» PROBLEM TO WORK ON:
Scan the data below and work out how many of its lines contain the word "rounds". Give only that number.

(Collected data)

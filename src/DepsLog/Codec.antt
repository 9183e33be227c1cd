-- ===== src/DepsLog/Codec.antt =====
-- The reader undoes the writer, one record at a time.
use siso.Common.{
  ℕ, zero, suc, ◌+◌, ◌-◌, ◌*◌, ◌/◌, ◌%◌, ◌≤◌, ◌<◌, ◌≡◌, ◌≢◌, refl, ap, ◌∙◌, false, [], ◌∷◌, ◌++◌,
  append_assoc, append-nil, some, Bytes, ltb, ◌==◌, if◌then◌else◌, length, get_elem?, take, drop,
  replicate, length-append, length-replicate, take-append, drop-append, get_elem?-append_left,
  get_elem?-append_right, arith,
}
use siso.Common.Words.{word, sign_bit, put_word, get_word, get_word-put_word, length-put_word}
use siso.DepsLog.Reader.{
  max_record_size, record_size, is_deps_record, read_deps_record, strip_padding, check_path,
  read_path_record, ReadState, use_deps, use_path, read_record, read_step,
}
use siso.DepsLog.Writer.{padding}

-- A path that the format can hold: not empty, not ending in a NUL byte, and not too long.
pub record IsStorable (p : Bytes) : Type 0 where
  pub front : Bytes
  pub last : ℕ
  pub ends : p ≡ front ++ last ∷ []
  pub not_nul : last ≢ 0
  pub fits : length p + padding (length p) + 4 ≤ max_record_size

get_elem?-replicate :
    (m t : ℕ) (rest : Bytes) → t < m → get_elem? (replicate m 0 ++ rest) t ≡ some 0
get_elem?-replicate zero t rest h = elim h [ ]
get_elem?-replicate (suc m) zero rest h = refl
get_elem?-replicate (suc m) (suc t) rest h = get_elem?-replicate m t rest (omega arith)

strip_step :
    (k q c : ℕ) (buf : Bytes)
    → get_elem? buf q ≡ some c
    → strip_padding (suc k) (suc q) buf ≡ strip_padding k (if c == 0 then q else suc q) buf
unfolding strip_padding
strip_step k q c buf e = rw (strip_padding, e)

-- `m` rounds of the loop drop `m` bytes of padding.
strip_zeros :
    (m j p q : ℕ) (buf : Bytes)
    → q ≡ p + m
    → ((t : ℕ) → t < m → get_elem? buf (p + t) ≡ some 0)
    → strip_padding (m + j) q buf ≡ strip_padding j p buf
strip_zeros zero j p q buf e zeros =
    let e' : q ≡ p = omega arith in let f : zero + j ≡ j = omega arith in rw (e', f)
strip_zeros (suc m) j p zero buf e zeros = absurd (omega arith)
strip_zeros (suc m) j p (suc q) buf e zeros =
    let f : suc m + j ≡ suc (m + j) = omega arith in
    let g : p + m ≡ q = omega arith in
    let z : get_elem? buf q ≡ some 0 = rw g at (zeros m (omega arith)) in
    rw (f, strip_step (m + j) q 0 buf z)
      (strip_zeros m j p q buf (omega arith) (λ t lt. zeros t (omega arith)))

strip_stops :
    (j p c : ℕ) (buf : Bytes)
    → get_elem? buf p ≡ some c
    → c ≢ 0
    → strip_padding j (suc p) buf ≡ some (suc p)
strip_stops zero p c buf e h = unfold strip_padding in refl
strip_stops (suc j) p c buf e h =
    rw (strip_step j p c buf e) (ground (arith, strip_stops j p c buf e h))

-- A path with `m` bytes of padding is found again, if `m` is at most the loop's three rounds.
strip-path :
    (front : Bytes) (last m : ℕ) (tail : Bytes)
    → last ≢ 0
    → m ≤ 3
    → strip_padding 3 (suc (length front) + m) ((front ++ last ∷ []) ++ (replicate m 0 ++ tail))
      ≡ some (suc (length front))
strip-path front last m tail h le =
    let buf = (front ++ last ∷ []) ++ (replicate m 0 ++ tail) in
    let len : length (front ++ last ∷ []) ≡ length front + 1 = length-append front (last ∷ []) in
    let three : m + (3 - m) ≡ 3 = omega arith in
    let at_last : get_elem? buf (length front) ≡ some last =
      get_elem?-append_left (front ++ last ∷ []) _ (length front) (omega (arith, len))
      ∙ get_elem?-append_right front (last ∷ []) (length front) 0 (omega arith) in
    let zeros : (t : ℕ) → t < m → get_elem? buf (suc (length front) + t) ≡ some 0 = λ t lt.
      get_elem?-append_right (front ++ last ∷ []) (replicate m 0 ++ tail) _ t (omega (arith, len))
      ∙ get_elem?-replicate m t tail lt in
    (rw three at
      (strip_zeros m (3 - m) (suc (length front)) (suc (length front) + m) buf refl zeros))
    ∙ strip_stops (3 - m) (length front) last buf at_last h

pub read_step-header :
    (h : ℕ) (xs : Bytes) (st : ReadState)
    → h < word
    → read_step (put_word h ++ xs) st ≡ read_record h xs st
unfolding read_step put_word get_word
read_step-header h xs st lt =
    let e : h % 256
          + 256 * (h / 256 % 256)
          + 65536 * (h / 65536 % 256)
          + 16777216 * (h / 16777216 % 256)
        ≡ h =
      omega arith in
    rw e

-- One round on a record with header `h`, `body` and what follows it.
pub read_step-framed :
    (h : ℕ) (body more : Bytes) (st : ReadState)
    → h < word
    → record_size h ≡ length body
    → 0 < length body
    → length body ≤ max_record_size
    → read_step ((put_word h ++ body) ++ more) st ≡ (
        if is_deps_record h
        then use_deps more st (read_deps_record body st.log.paths)
        else use_path more st (read_path_record body (length st.log.paths)))
read_step-framed h body more st lt size pos fits =
    let len = length-append body more in
    let rounds : ltb max_record_size (length body) ≡ false = ground arith in
    let there : (length (body ++ more) == 0) ≡ false = ground (arith, len) in
    let enough : ltb (length (body ++ more)) (length body) ≡ false = ground (arith, len) in
    rw (append_assoc (put_word h) body more) (
      read_step-header h (body ++ more) st lt
      ∙ unfold read_record in
        rw (size, take-append body more _ refl, drop-append body more _ refl, rounds, there, enough)
          refl)

abbrev pub path_body : ℕ → Bytes → Bytes
path_body i p = p ++ (replicate (padding (length p)) 0 ++ put_word (word - 1 - i % word))

pub length-path_body :
    (i : ℕ) (p : Bytes) → length (path_body i p) ≡ length p + padding (length p) + 4
length-path_body i p =
    let m = padding (length p) in
    let w = put_word (word - 1 - i % word) in
    omega (
      arith,
      length-append p (replicate m 0 ++ w),
      length-append (replicate m 0) w,
      length-replicate {A = ℕ} m 0,
      length-put_word (word - 1 - i % word),
    )

-- The checksum is accepted at the index it was written for.
check_path-same :
    (i : ℕ) (p rest : Bytes)
    → i < sign_bit
    → check_path i p (get_word (put_word (word - 1 - i % word) ++ rest)) ≡ some p
unfolding check_path
check_path-same i p rest lt =
    rw (get_word-put_word (word - 1 - i % word) rest (omega arith)) (ground arith)

read_path_parts :
    (buf tail : Bytes) (n q p : ℕ)
    → length buf - 4 ≡ q
    → strip_padding 3 q buf ≡ some p
    → drop q buf ≡ tail
    → read_path_record buf n ≡ check_path n (take p buf) (get_word tail)
unfolding read_path_record
read_path_parts buf tail n q p len strip tail_eq =
    rw (len, read_path_record, strip) (rw (len, tail_eq))

-- A path, its padding and an accepted checksum.
read_padded :
    (p ck : Bytes) (m n : ℕ)
    → IsStorable p
    → m ≤ 3
    → length ck ≡ 4
    → check_path n p (get_word ck) ≡ some p
    → read_path_record (p ++ (replicate m 0 ++ ck)) n ≡ some p
read_padded p ck m n s le four checked =
    let buf = p ++ (replicate m 0 ++ ck) in
    let lp : length p ≡ suc (length s.front) =
      ap length s.ends ∙ omega (arith, length-append s.front (s.last ∷ [])) in
    let lz = length-replicate {A = ℕ} m 0 in
    let len : length buf - 4 ≡ length p + m =
      omega (
        arith,
        length-append p (replicate m 0 ++ ck),
        length-append (replicate m 0) ck,
        lz,
        four,
      ) in
    let strip : strip_padding 3 (length p + m) buf ≡ some (length p) =
      rw (lp, s.ends) (strip-path s.front s.last m ck s.not_nul le) in
    let tail : drop (length p + m) buf ≡ ck = rw (← append_assoc p (replicate m 0) ck) (
      drop-append (p ++ replicate m 0) ck (length p + m)
        (omega (arith, length-append p (replicate m 0), lz))) in
    read_path_parts buf ck n (length p + m) (length p) len strip tail
    ∙ rw (take-append p (replicate m 0 ++ ck) (length p) refl) checked

pub read_path_record-path_body :
    (i : ℕ) (p : Bytes) → IsStorable p → i < sign_bit → read_path_record (path_body i p) i ≡ some p
read_path_record-path_body i p s lt =
    read_padded p (put_word (word - 1 - i % word)) (padding (length p)) i s (omega arith)
      (length-put_word _) (rw append-nil at (check_path-same i p [] lt))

» EXERCISE RESPONSE:
4